Shoot The Moon
Shoot The Moons is a great new game that launched on Betfair at the beginning of the year. The game requires players to make the highest total score by rolling ('Shooting') two dice three times. There is a betting round after each roll during which your last dice roll is hidden from your opponents. After each betting round is completed your dice score is displayed for your opponents to see. The game is similar to Stud Poker in many respects in that players have some 'hidden' dice and some dice shown to their opponents during each round of betting.
The game has a special twist in that if you manage to roll a double three ('Shoot the Moons') during the final roll, you win half the pot automatically - so you always have the chance to scoop some of the pot however far behind you may be! As the game is new, the players seem to be on a pretty level playing field in terms of skill. Therefore it's worth taking a minute to consider what strategy you should be employing when you sit down to play as there's an opportunity to jump ahead of your opponents who are yet to discover the nuances of the game. Firstly, as the objective of the game is to roll the highest dice score let's look at what the chances are of rolling each:
The following chart shows the probability of throwing each dice total. The closer the total is to 7, the greater is the probability of it being thrown.
Imagine, you've rolled (5,4) in your first roll and then (6,3) for a total score of 18, and are facing one opponent who you can see has a first roll of (6,4) for a score of 10. Their second roll is hidden from you but what are the chances of them having a 9 or better and so having a higher score than you? The above table shows that they will have rolled a 9 or better 27.8% of the time. However, you should also remember to pay attention to their betting pattern as they are more likely to bet and raise if they have rolled well and more likely to check or fold if they have rolled poorly.

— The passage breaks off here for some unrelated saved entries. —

-- ===== src/Server/Gated.antt =====
-- A server of src/server/server_connection.cpp with a user name and a password relays for a SOCKS5
-- client only once it has read them from it.
use yass.Common.{
  some-injective, ℕ, ◌≡◌, refl, sym, ap, ◌∙◌, ◌⊎◌, inl, inr, true, Option, none, some, List, ◌++◌,
  ◌==◌, Mem, length, take, Bool-cases, Option-cases,
}
use mathlib.Core.Path.{subst}
use yass.Handshake.{
  ErrorCode, invalid_argument, connection_refused, is_retry, View, is_socks5_method, Received,
  failed, received, auth_required,
}
use yass.Server.{
  Server, Task, read_handshake_via_socks, read_username_password_auth, read_handshake_via_socks5,
  write_method_select_response, write_auth_response, write_handshake_response, cancelled, relay,
  disconnected, on_disconnect, on_socks5_request, on_auth_request, on_received, start_auth,
  start_socks5, send, Written, process_received, Event, readable, writable, wait_error,
  on_read_handshake_via_socks, on_read_username_password_auth, on_read_handshake_via_socks5,
}
use yass.Server.Pending.{
  not_socks4, start_auth-pending, start_socks5-pending, process_received-pending,
  start_auth-missing, start_socks5-missing, process_received-missing,
}
use yass.Server.Gate.{
  Settings, Outcome, HasCredentials, on_socks5_request-Outcome, on_auth_request-Outcome,
  on_method_select-Outcome, with_pending-Took,
}

abbrev moved : Server → Server
moved s = record s { handshake_pending_buf = none }

received-injective : {a b : View} → received a ≡ received b → a ≡ b
received-injective h = cc

-- `Seen` tells the buffers that were received, by their memory and their end.
module _ (Seen : Mem → ℕ → Type 0) (username password : List ℕ) where
  abbrev pub Granted : Type 0
  Granted = (b : View) × Seen b.mem b.capacity × HasCredentials b username password

  -- The tasks behind the check of the credentials.
  abbrev pub Due : Task → Type 0
  Due read_handshake_via_socks = Unit
  Due write_method_select_response = Unit
  Due read_username_password_auth = Unit
  Due write_auth_response = Granted
  Due read_handshake_via_socks5 = Granted
  Due write_handshake_response = Granted
  Due cancelled = Unit
  Due (relay b) = Granted
  Due (disconnected ec) = Unit

  pub record IsGated (s : Server) : Type 0 where
    pub method_is : is_socks5_method s.method ≡ true
    pub required : auth_required s.username s.password ≡ true
    pub user : s.username ≡ username
    pub secret : s.password ≡ password
    pub pending_seen : (q : View) → s.handshake_pending_buf ≡ some q → Seen q.mem q.capacity
    pub due : Due s.task

  -- The same but for the task, and what is pending.
  pub keep :
      {s t : Server}
      → IsGated s
      → Settings s t
      → ((q : View) → t.handshake_pending_buf ≡ some q → Seen q.mem q.capacity)
      → Due t.task
      → IsGated t
  keep {s} {t} g (m, u, p) seen due = record {
    method_is = ap is_socks5_method m ∙ g.method_is;
    required =
        ap (λ a. auth_required a t.password) u ∙ ap (auth_required s.username) p ∙ g.required;
    user = u ∙ g.user;
    secret = p ∙ g.secret;
    pending_seen = seen;
    due = due;
  }

  outcome-IsGated :
      (k : Task) (n : ℕ) (b : View) (s t : Server)
      → Outcome k n b s t
      → IsGated s
      → Seen b.mem b.capacity
      → (t.task ≡ k → Due k)
      → IsGated t
  outcome-IsGated k n b s t (st, inl (e, f)) g seen due =
      keep g st (λ q h. g.pending_seen q (sym f ∙ h)) (subst Due (sym e) tt)
  outcome-IsGated k n b s t (st, inr (e, f)) g seen due =
      keep g st
        (λ q h. subst (λ (v : View). Seen v.mem v.capacity) (some-injective (sym f ∙ h)) seen)
        (subst Due (sym e) (due e))

  pub lost-IsGated : (ec : ErrorCode) (s : Server) → IsGated s → IsGated (on_disconnect ec s)
  lost-IsGated ec s g = keep g (refl, refl, refl) g.pending_seen tt

  emptied-IsGated : (s : Server) → IsGated s → Due s.task → IsGated (moved s)
  emptied-IsGated s g due = keep g (refl, refl, refl) (λ q h. cc) due

  abbrev pub EventSeen : Event → Type 0
  EventSeen (readable stale (received v)) = Seen v.mem v.capacity
  EventSeen (readable stale (failed ec)) = Unit
  EventSeen (writable a b h l w) = Unit
  EventSeen (wait_error ec) = Unit

  pub socks-IsGated :
      (stale : Mem) (got : Received) (s t : Server)
      → IsGated s
      → EventSeen (readable stale got)
      → on_read_handshake_via_socks stale got s ≡ some t
      → IsGated t
  unfolding on_read_handshake_via_socks on_received
  socks-IsGated stale (received v) s t g seen h =
      outcome-IsGated write_method_select_response _ v s t
        (on_method_select-Outcome v s t stale
          (rw (not_socks4 s.method g.method_is, g.method_is) at h))
        g seen (λ e. tt)
  socks-IsGated stale (failed ec) s t g seen h = elim (Bool-cases (is_retry ec)) [
    | inl r ↦
        subst IsGated (some-injective (rw r at h)) (keep g (refl, refl, refl) g.pending_seen tt)
    | inr r ↦ subst IsGated (some-injective (rw r at h)) (lost-IsGated ec s g)
  ]

  -- What the handler of the credentials leaves.
  checked-IsGated :
      (b : View) (s t : Server)
      → IsGated s
      → Seen b.mem b.capacity
      → on_auth_request b s ≡ some t
      → IsGated t
  checked-IsGated b s t g seen h =
      let (o, c) = on_auth_request-Outcome b s t h in
      outcome-IsGated write_auth_response _ b s t o g seen (λ e. granted e c)
    where
      granted :
          t.task ≡ write_auth_response
          → (t.task ≡ disconnected invalid_argument) ⊎ HasCredentials b s.username s.password
          → Granted
      granted e (inl lost) = absurd (cc (e, lost))
      granted e (inr c) = (b, seen, (c.0, c.1 ∙ g.user, c.2 ∙ g.secret))

  seen_of_got :
      (stale : Mem) (got : Received) (v : View)
      → EventSeen (readable stale got)
      → got ≡ received v
      → Seen v.mem v.capacity
  seen_of_got stale (received w) v seen e =
      subst (λ (x : View). Seen x.mem x.capacity) (received-injective e) seen
  seen_of_got stale (failed ec) v seen e = absurd (cc e)

  pub auth-IsGated :
      (stale : Mem) (got : Received) (s t : Server)
      → IsGated s
      → Due s.task
      → EventSeen (readable stale got)
      → on_read_username_password_auth got s ≡ some t
      → IsGated t
  unfolding on_read_username_password_auth start_auth
  auth-IsGated stale got s t g due seen h =
      elim (with_pending-Took start_auth on_auth_request s t got h) [
        | inl (q, e, k) ↦
            checked-IsGated q (moved s) t (emptied-IsGated s g due) (g.pending_seen q e) k
        | inr (inl (v, e, k)) ↦
            checked-IsGated v (moved s) t (emptied-IsGated s g due) (seen_of_got stale got v seen e)
              k
        | inr (inr (inl none_pending)) ↦ absurd (cc none_pending)
        | inr (inr (inr (ec, e))) ↦
            subst IsGated (sym e) (lost-IsGated ec (moved s) (emptied-IsGated s g due))
      ]

  pub request-IsGated :
      (stale : Mem) (got : Received) (s t : Server)
      → IsGated s
      → Due s.task
      → Granted
      → EventSeen (readable stale got)
      → on_read_handshake_via_socks5 got s ≡ some t
      → IsGated t
  unfolding on_read_handshake_via_socks5
  request-IsGated stale got s t g due granted seen h =
      let again = λ (x : Server). some (record x { task = read_handshake_via_socks }) in
      elim (with_pending-Took again on_socks5_request s t got h) [
        | inl (q, e, k) ↦
            outcome-IsGated write_handshake_response _ q (moved s) t
              (on_socks5_request-Outcome q (moved s) t k) (emptied-IsGated s g due)
              (g.pending_seen q e) (λ e. granted)
        | inr (inl (v, e, k)) ↦
            outcome-IsGated write_handshake_response _ v (moved s) t
              (on_socks5_request-Outcome v (moved s) t k) (emptied-IsGated s g due)
              (seen_of_got stale got v seen e) (λ e. granted)
        | inr (inr (inl start)) ↦
            subst IsGated (some-injective start)
              (keep (emptied-IsGated s g due) (refl, refl, refl) (λ q h. cc) tt)
        | inr (inr (inr (ec, e))) ↦
            subst IsGated (sym e) (lost-IsGated ec (moved s) (emptied-IsGated s g due))
      ]

  pub send-IsGated :
      (bytes : List ℕ) (w : Written) (k : Server → Option Server) (s t : Server)
      → IsGated s
      → send bytes w k s ≡ some t
      → ((s' : Server) → IsGated s' → s'.task ≡ s.task → k s' ≡ some t → IsGated t)
      → IsGated t
  unfolding send
  send-IsGated bytes w k s t g h next =
      let s' : Server = record s { written = s.written ++ take w.count bytes } in
      let g' : IsGated s' = keep g (refl, refl, refl) g.pending_seen g.due in
      elim (Option-cases w.error) [
        | inl e ↦ elim (Bool-cases (w.count == length bytes)) [
          | inl all ↦ next s' g' refl (rw (e, all) at h)
          | inr part ↦
              subst IsGated (some-injective (rw (e, part) at h))
                (lost-IsGated connection_refused s' g')
        ]
        | inr (ec, e) ↦
            subst IsGated (some-injective (rw e at h)) (lost-IsGated connection_refused s' g')
      ]

  -- The pending buffer is looked into, and stays.
  pub start_auth-IsGated : (s t : Server) → IsGated s → start_auth s ≡ some t → IsGated t
  start_auth-IsGated s t g h = elim (Option-cases s.handshake_pending_buf) [
    | inl e ↦ absurd (cc (start_auth-missing s e, h))
    | inr (q, e) ↦
        subst IsGated (some-injective (sym (start_auth-pending s e) ∙ h))
          (keep g (refl, refl, refl) g.pending_seen tt)
  ]

  pub start_socks5-IsGated :
      (s t : Server) → IsGated s → Granted → start_socks5 s ≡ some t → IsGated t
  start_socks5-IsGated s t g granted h = elim (Option-cases s.handshake_pending_buf) [
    | inl e ↦ absurd (cc (start_socks5-missing s e, h))
    | inr (q, e) ↦
        subst IsGated (some-injective (sym (start_socks5-pending s e) ∙ h))
          (keep g (refl, refl, refl) g.pending_seen granted)
  ]

  pub process_received-IsGated :
      (s t : Server) → IsGated s → Granted → process_received s ≡ some t → IsGated t
  process_received-IsGated s t g granted h = elim (Option-cases s.handshake_pending_buf) [
    | inl e ↦ absurd (cc (process_received-missing s e, h))
    | inr (q, e) ↦
        subst IsGated (some-injective (sym (process_received-pending s e) ∙ h))
          (keep g (refl, refl, refl) (λ q h. cc) granted)
  ]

How about the odds of catching up when you figure that you are behind you opponent?
Let's say that you are dealt (5,5) in your first roll and make an opening bet which a very tight opponent then raises. If we assume that our tight opponent would only raise us with a (6,6) then we are currently 2 behind in the race . We still have 2 rolls to catch up, so despite being sure that we're currently behind this does not mean that we should necessarily surrender just yet!
The table shows that when we are 2 behind our opponent the chance of us being ahead of them after the next roll is almost 1 in 4. If the pot is 2 and it is only 0.50 to call our opponents raise then we are getting 4:1 pot odds to call and so it is worth calling to try to catch up!
In Shoot The Moons, you are never certain of what your opponent holds as their previous roll is always hidden, but now you should have a better understanding of how likely they are to have rolled certain totals and a clearer idea of what your chances are of catching up or staying ahead.
Shoot the Moons is part of the Poker Cubed trilogy of dice games, found in the Multiplayer section of Betfair Arcade.